Coursera Data Science Specialization - Capstone Project

Victor Ruiz

Synopsis

The goal of the Capstone Project is to build a predictive text model which suggests the next word to be entered based on the previous words introduced by the user. For this purpose, a text corpus, i.e. a collection of text documents, which can be downloaded here, is provided by Coursera and Swiftkey. Text documents are provided in languages: english, german, finish and russian. The documents in the corpus come from three different sources: blogs, news articles and tweets from twitter.com. This report presents the exploratory analysis performed in the english corpus.

Exploratory Analisys

Basic Summary Statistics

Before starting the analisys of the corpus, a basic summary of the files was built. The results are shown in the table below.

##                    blogs     news  twitter
## lines             899288  1010242  2360148
## words           37182923 33983128 29746934
## words/line            41       34       13
## max word length      164       36      120
  • Blogs and news have in average more words per document than twitter corpus, as expected, since tweets have length limited to 255 characters.

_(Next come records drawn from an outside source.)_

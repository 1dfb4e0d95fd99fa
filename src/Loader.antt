-- ===== src/Loader.antt =====
-- Project 3/userprog/process.c: `load_segment` and `load`.
-- What they call outside the file is an argument: the operations of `World`, over a state `S` of
-- files, page directory and page table. The loops run on fuel.
pub mod Pages
pub mod Total
use comp_sys_pint_os.Base.{
  ℕ, zero, suc, ◌+◌, ◌-◌, ◌*◌, ◌/◌, ◌%◌, ◌^◌, Bool, true, false, ltb, leb, ◌==◌, if◌then◌else◌, not,
  List, [], ◌∷◌, ◌||◌, ◌&&◌, Option, none, some, Outcome, returns, stuck, ◌>>=◌, ◌>>◌, assert,
}
use comp_sys_pint_os.Platform.{Platform, page_size, u32}
use comp_sys_pint_os.Elf.{
  Ehdr, Phdr, Segment, pt_load, pt_dynamic, pt_interp, pt_shlib, validate_segment, segment_of,
}

-- The arguments of one call of `add_file_to_page_table`.
pub record PageRequest : Type 0 where
  pub offset : ℕ
  pub upage : ℕ
  pub page_read_bytes : ℕ
  pub page_zero_bytes : ℕ
  pub writable : Bool

-- The operations that `load` calls. A read is `none` unless it delivers the whole structure.
-- `setup_stack` of the same file may panic the kernel: it allocates a frame, and the eviction of a page
-- of a mapped file takes the lock that `load` holds.
pub record World (S : Type 0) : Type 0 where
  pub pagedir_create : S → Bool × S
  pub process_activate : S → S
  pub filesys_open : S → Bool × S
  pub file_deny_write : S → S
  pub read_ehdr : S → Option Ehdr × S
  pub file_length : S → ℕ
  pub file_seek : ℕ → S → S
  pub read_phdr : S → Option Phdr × S
  pub add_file_to_page_table : PageRequest → S → Bool × S
  pub setup_stack : S → Outcome (Bool × S)

-- What the current thread and the lock of the file system hold while `load` runs.
pub record LoadState (S : Type 0) : Type 0 where
  pub world : S
  pub file_lock : Bool
  pub executable : Bool
  pub eip : ℕ

-- "\177ELF\1\1\1", the bytes that `memcmp` compares.
abbrev pub elf_magic : List ℕ
elf_magic = 0x7f ∷ b'E' ∷ b'L' ∷ b'F' ∷ 1 ∷ 1 ∷ 1 ∷ []

abbrev pub starts_with : List ℕ → List ℕ → Bool
starts_with [] ys = true
starts_with (x ∷ xs) [] = false
starts_with (x ∷ xs) (y ∷ ys) = x == y && starts_with xs ys

-- `sizeof (struct Elf32_Phdr)`
abbrev pub sizeof_phdr : ℕ
sizeof_phdr = 32

-- The header check of `load`.
unfoldable pub valid_ehdr : Ehdr → Bool
valid_ehdr h =
    starts_with elf_magic h.e_ident
    && (h.e_type == 2)
    && (h.e_machine == 3)
    && (h.e_version == 1)
    && (h.e_phentsize == sizeof_phdr)
    && not (ltb 1024 h.e_phnum)

module _ {S : Type 0} (w : World S) where
  -- Continue after a call that returned true; a call that returned false ends the loop.
  unfoldable pub after_add : Bool × S → (S → Option (Bool × S)) → Option (Bool × S)
  after_add (true, s) rest = rest s
  after_add (false, s) rest = some (false, s)

  -- The `while` loop of `load_segment`; `none` if the fuel runs out.
  unfoldable pub fill_pages : ℕ → ℕ → ℕ → ℕ → ℕ → Bool → S → Option (Bool × S)
  unfolding after_add
  fill_pages zero ofs upage read_bytes zero_bytes writable s = none
  fill_pages (suc fuel) ofs upage read_bytes zero_bytes writable s =
      let page_read = if ltb read_bytes page_size then read_bytes else page_size in
      let page_zero = page_size - page_read in
      let request : PageRequest = record {
        offset = ofs;
        upage = upage;
        page_read_bytes = page_read;
        page_zero_bytes = page_zero;
        writable = writable;
      } in
      let round = after_add (w.add_file_to_page_table request s) (
        fill_pages fuel (u32 (ofs + page_read)) (u32 (upage + page_size))
          (u32 (read_bytes + 2 ^ 32 - page_read)) (u32 (zero_bytes + 2 ^ 32 - page_zero))
          writable) in
      if ltb 0 read_bytes || ltb 0 zero_bytes then round else some (true, s)

  -- Enough rounds for every pair of counters whose sum is a whole number of pages.
  abbrev pub segment_fuel : ℕ → ℕ → ℕ
  segment_fuel read_bytes zero_bytes = (read_bytes + zero_bytes) / page_size + 1

  abbrev pub or_stuck : Option (Bool × S) → Outcome (Bool × S)
  or_stuck none = stuck
  or_stuck (some r) = returns r

  unfoldable pub load_segment : ℕ → ℕ → ℕ → ℕ → Bool → S → Outcome (Bool × S)
  unfolding fill_pages
  load_segment ofs upage read_bytes zero_bytes writable s = do
    assert (u32 (read_bytes + zero_bytes) % page_size == 0)
    assert (upage % page_size == 0)
    assert (ofs % page_size == 0)
    or_stuck (
        fill_pages (segment_fuel read_bytes zero_bytes) ofs upage read_bytes zero_bytes writable
          (w.file_seek ofs s))

  -- One program header: the `switch` of `load`. The result is false for `goto done`.
  unfoldable pub load_phdr : Platform → Phdr → LoadState S → Outcome (Bool × LoadState S)
  load_phdr pf p s =
      if p.p_type == pt_dynamic || p.p_type == pt_interp || p.p_type == pt_shlib
      then returns (false, s)
      else if not (p.p_type == pt_load)
      then returns (true, s)
      else if not (validate_segment pf p (w.file_length s.world))
      then returns (false, s)
      else (let g = segment_of pf p in
          load_segment g.file_page g.mem_page g.read_bytes g.zero_bytes g.writable s.world >>= λ r.
          returns (r.0, record s { world = r.1 }))

  -- A program header that may not have been read whole.
  unfoldable pub load_read_phdr :
      Platform → Option Phdr × S → LoadState S → Outcome (Bool × LoadState S)
  unfolding load_phdr
  load_read_phdr pf (none, t) s = returns (false, record s { world = t })
  load_read_phdr pf (some p, t) s = load_phdr pf p (record s { world = t })

  abbrev pub if_loaded :
      Bool × LoadState S
      → (LoadState S → Outcome (Bool × LoadState S))
      → Outcome (Bool × LoadState S)
  if_loaded (true, s) rest = rest s
  if_loaded (false, s) rest = returns (false, s)

  -- The loop over the program headers, on the number that is left; `file_ofs` is the bit pattern of
  -- an off_t, negative from 2 ^ 31 on.
  unfoldable pub load_phdrs : Platform → ℕ → ℕ → LoadState S → Outcome (Bool × LoadState S)
  unfolding load_read_phdr
  load_phdrs pf zero file_ofs s = returns (true, s)
  load_phdrs pf (suc left) file_ofs s =
      let t = w.file_seek file_ofs s.world in
      let round = load_read_phdr pf (w.read_phdr t) (record s { world = t }) >>= λ r.
      if_loaded r (load_phdrs pf left (u32 (file_ofs + sizeof_phdr))) in
      if leb (2 ^ 31) file_ofs || ltb (w.file_length s.world) file_ofs
      then returns (false, s)
      else round

  -- The stack and the start address.
  unfoldable pub load_stack : Ehdr → Bool × S → LoadState S → Outcome (Bool × LoadState S)
  load_stack h (true, t) s = returns (true, record s { world = t; eip = h.e_entry })
  load_stack h (false, t) s = returns (false, record s { world = t })

  unfoldable pub load_ehdr : Platform → Option Ehdr → LoadState S → Outcome (Bool × LoadState S)
  unfolding valid_ehdr load_phdrs load_stack
  load_ehdr pf none s = returns (false, s)
  load_ehdr pf (some h) s =
      if valid_ehdr h
      then (load_phdrs pf h.e_phnum h.e_phoff s >>= λ r.
          if_loaded r (λ t. w.setup_stack t.world >>= λ q. load_stack h q t))
      else returns (false, s)

  -- From `filesys_open` on, with the lock held.
  unfoldable pub load_file : Platform → Bool × S → LoadState S → Outcome (Bool × LoadState S)
  unfolding load_ehdr
  load_file pf (false, t) s = returns (false, record s { world = t })
  load_file pf (true, t) s =
      let (h, u) = w.read_ehdr (w.file_deny_write t) in
      load_ehdr pf h (record s { world = u; executable = true })

  -- The label `done`: `lock_release` asserts that the current thread holds the lock.
  unfoldable pub load_done : Bool × LoadState S → Outcome (Bool × LoadState S)
  load_done (success, s) = do assert s.file_lock; returns (success, record s { file_lock = false })

  unfoldable pub load_mapped : Platform → Bool × S → LoadState S → Outcome (Bool × LoadState S)
  unfolding load_done load_file
  load_mapped pf (false, t) s = load_done (false, record s { world = t })
  load_mapped pf (true, t) s = do
    let u = w.process_activate t
    assert (not s.file_lock)
    r ← load_file pf (w.filesys_open u) (record s { world = u; file_lock = true })
    load_done r

  unfoldable pub load : Platform → LoadState S → Outcome (Bool × LoadState S)
  unfolding load_mapped
  load pf s = load_mapped pf (w.pagedir_create s.world) s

  • In blogs and twitter entries appear to be longer words, whereas in news, the longest word has 36 characters.

Data Preprocessing

Since the files provided are too large, only a small sample of the files have been used to perform the exploratory analisys of the corpus. The corpus used in this report was therefore a subset of the original corpus, built by randomly sampling 10,000 lines of each of the files. Before starting the analisys, some basic preprocessing was necessary to clean the text:

  • transform all characters to lower case.

  • remove email addresses, URLs.

  • remove twitter names, twitter hashtags, RTs and via.

  • remove numbers.

  • transform end of sentence characters to periods.

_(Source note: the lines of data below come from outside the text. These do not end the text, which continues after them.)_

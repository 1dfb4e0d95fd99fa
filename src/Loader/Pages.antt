-- ===== src/Loader/Pages.antt =====
-- `load_segment` of Project 3/userprog/process.c against a list of pages given in closed form.
use comp_sys_pint_os.Base.{
  ℕ, zero, suc, ◌+◌, ◌-◌, ◌*◌, ◌%◌, ◌^◌, ◌<◌, ◌≡◌, refl, min, Bool, true, false, List, [], ◌∷◌,
  Option, some, returns, arith, ◌∙◌, ltb, ◌==◌, ◌||◌, if◌then◌else◌,
}
use comp_sys_pint_os.Platform.{page_size, u32}
use comp_sys_pint_os.Loader.{PageRequest, World, after_add, fill_pages, load_segment, segment_fuel}

-- The page with number `k` of a segment.
abbrev pub request : ℕ → ℕ → ℕ → Bool → ℕ → PageRequest
request ofs upage read_bytes writable k = record {
  offset = ofs + min read_bytes (page_size * k);
  upage = upage + page_size * k;
  page_read_bytes = min (read_bytes - page_size * k) page_size;
  page_zero_bytes = page_size - min (read_bytes - page_size * k) page_size;
  writable = writable;
}

-- The `n` pages from number `k` on.
unfoldable pub requests : ℕ → ℕ → ℕ → Bool → ℕ → ℕ → List PageRequest
requests ofs upage read_bytes writable k zero = []
requests ofs upage read_bytes writable k (suc n) =
    request ofs upage read_bytes writable k ∷ requests ofs upage read_bytes writable (k + 1) n

module _ {S : Type 0} (w : World S) where
  abbrev and_then : Bool × S → (S → Bool × S) → Bool × S
  and_then (true, s) rest = rest s
  and_then (false, s) rest = (false, s)

  -- Add the pages in order, up to the first that cannot be added.
  unfoldable pub add_all : List PageRequest → S → Bool × S
  add_all [] s = (true, s)
  add_all (r ∷ rs) s = and_then (w.add_file_to_page_table r s) (add_all rs)

  after_add-and_then :
      (p : Bool × S) (k : S → Option (Bool × S)) (g : S → Bool × S)
      → ((s : S) → k s ≡ some (g s))
      → after_add w p k ≡ some (and_then p g)
  unfolding after_add
  after_add-and_then (true, s) k g h = h s
  after_add-and_then (false, s) k g h = refl

  abbrev pub request_at : ℕ → ℕ → ℕ → Bool → PageRequest
  request_at o u r writable = record {
    offset = o;
    upage = u;
    page_read_bytes = min r page_size;
    page_zero_bytes = page_size - min r page_size;
    writable = writable;
  }

  -- A round of the loop, with the smaller of the counter and the page size.
  pub fill_pages-suc :
      (fuel o u r z : ℕ) (writable : Bool) (s : S)
      → 0 < r + z
      → fill_pages w (suc fuel) o u r z writable s
        ≡ after_add w (w.add_file_to_page_table (request_at o u r writable) s) (
            fill_pages w fuel
              (u32 (o + min r page_size))
              (u32 (u + page_size))
              (u32 (r + 2 ^ 32 - min r page_size))
              (u32 (z + 2 ^ 32 - (page_size - min r page_size)))
              writable)
  unfolding fill_pages
  fill_pages-suc fuel o u r z writable s h = rw (picked, more)
    where
      picked : (if ltb r page_size then r else page_size) ≡ min r page_size
      picked = ground arith

      more : (ltb 0 r || ltb 0 z) ≡ true
      more = ground arith

  module _ (ofs upage read_bytes : ℕ) (writable : Bool) where
    fill_pages-add_all :
        (n fuel k o u r z : ℕ) (s : S)
        → n < fuel
        → r + z ≡ page_size * n
        → o ≡ ofs + min read_bytes (page_size * k)
        → u ≡ upage + page_size * k
        → r ≡ read_bytes - page_size * k
        → o + r + z < 2 ^ 32
        → u + page_size * n < 2 ^ 32
        → fill_pages w fuel o u r z writable s
          ≡ some (add_all (requests ofs upage read_bytes writable k n) s)
    unfolding add_all requests
    fill_pages-add_all n zero k o u r z s lt sum eo eu er fo fu = absurd (omega arith)
    fill_pages-add_all zero (suc fuel) k o u r z s lt sum eo eu er fo fu =
        unfold fill_pages in ground arith
    fill_pages-add_all (suc n) (suc fuel) k o u r z s lt sum eo eu er fo fu =
        fill_pages-suc fuel o u r z writable s (omega arith)
        ∙ (rw same (
            after_add-and_then _ _ _ λ t.
              fill_pages-add_all n fuel (k + 1) _ _ _ _ t (omega arith) (omega arith) (omega arith)
                (omega arith) (omega arith) (omega arith) (omega arith)))
      where
        same : request_at o u r writable ≡ request ofs upage read_bytes writable k
        same = ground arith

  -- If the bytes to read and to zero make up `n` pages, the addresses are page aligned and nothing
  -- wraps around, then `load_segment` panics in no assertion, its loop ends, and it has added
  -- exactly the `n` pages of the closed form, in order, up to the first that cannot be added.
  pub load_segment-add_all :
      (ofs upage read_bytes zero_bytes n : ℕ) (writable : Bool) (s : S)
      → read_bytes + zero_bytes ≡ page_size * n
      → upage % page_size ≡ 0
      → ofs % page_size ≡ 0
      → ofs + read_bytes + zero_bytes < 2 ^ 32
      → upage + read_bytes + zero_bytes < 2 ^ 32
      → load_segment w ofs upage read_bytes zero_bytes writable s
        ≡ returns (add_all (requests ofs upage read_bytes writable 0 n) (w.file_seek ofs s))
  unfolding load_segment
  load_segment-add_all ofs upage read_bytes zero_bytes n writable s sum ua oa fo fu =
      rw (whole, ua', oa', filled)
    where
      whole : (u32 (read_bytes + zero_bytes) % page_size == 0) ≡ true
      whole = ground arith

      ua' : (upage % page_size == 0) ≡ true
      ua' = ground arith

      oa' : (ofs % page_size == 0) ≡ true
      oa' = ground arith

      filled :
          fill_pages w
            (segment_fuel w read_bytes zero_bytes)
            ofs
            upage
            read_bytes
            zero_bytes
            writable
            (w.file_seek ofs s)
          ≡ some (add_all (requests ofs upage read_bytes writable 0 n) (w.file_seek ofs s))
      filled =
          fill_pages-add_all ofs upage read_bytes writable n _ 0 ofs upage read_bytes zero_bytes _
            (omega arith) sum (omega arith) (omega arith) (omega arith) (omega arith) (omega arith)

  • remove non-alphabetic characters.

  • trim extra whitespaces.

After this processing, the corpus contains only sentences separated by dots. Sentence separators are important for the N-Gramm analisys, if all punctuation signs were removed, the last word in a sentence would be considered to form a bigramm with the first word of the next sentence.

Corpus Analisys

Unigramm Analisys

  • Over 860,000 total words in the sampled corpus.
  • Nearly 47,000 unique words in the dictionary.
  • The frequency distribution is skewed, many words occur only few times, whereas only a small proportion of the dictionary is used very often.
  • About 22,800 words (48.6%) occur only once, i.e. 51.3% of the words are reused.
  • The top 20 words,cover more than 28% of total occurrences.
  • 140 words cover the 50% of total occurrences, 7,050 cover the 90% and with 15,083 words the 95% of occurrences can be covered.
  • Around 45% of total occurrences are stopwords. These words are mostly pronouns, prepositions, conjunctions and connectors.
  • Words have in average a length of 7 characters.
  • By inspecting some extremely long words, I realized there are many words which are not gramatically correct, very likely coming from twitter and blogs. Therefore, a list containing valid words is necessary to prevent the model from predicting these bad words.

plot of chunk uni1

plot of chunk uni2

plot of chunk uni3

Bigramm Analisys

  • Over 390,000 unique bigrams in the sampled corpus.
  • Around 350,000 bigrams occur only one or two times and were discarded to reduce the sparsity of the term matrix.
  • Not surprisingly, the most frequent bigrams are combinations of stopwords.
  • Frequency distribution is even more skewed than the distribution of unigrams.
  • To cover 50% of all occurrences, a dictionary size of 3,165 bigrams is required and 26,696 bigrams are required to cover the 90%.

plot of chunk bi1

plot of chunk bi2

Trigramm Analisys

  • Over 681,000 unique trigrams in the sampled corpus.
  • Around 634,000 trigrams occur only once.
  • As observed in the bigram analisys, the most frequent trigrams are combinations of the most frequent unigrams.
  • Frequency distribution is also highly skewed.
  • To cover 50% of all occurrences, a dictionary size of 10,186 trigrams is required and 38,697 trigrams are required to cover the 90%.

plot of chunk tri1

plot of chunk tri2

plot of chunk cover

Next Steps

  • An stemming algorithm will be used reduce the size of the dictionary, since many words will be reduced to the same stems. For a fixed dictionary size, this will also increase the coverage of the dictionary.

  • Use a list of valid words to remove profanity and other words that we don’t want to predict.

  • Build frequency matrices for 1-grams, 2-grams and 3-grams. Using 4-gramms the accuracy of the prediction would improve, but also the memory footprint and the processing time would increase.

  • The sentence written by the user needs to be processed following the same steps that have been applied to the corpus, i.e., clean the text to keep only valid words.

  • The model will then use only the last 2 words that the user has written to calculate which 3-gramms or 2-gramms have higher probability to occur, based on frequency counts of the ngrams.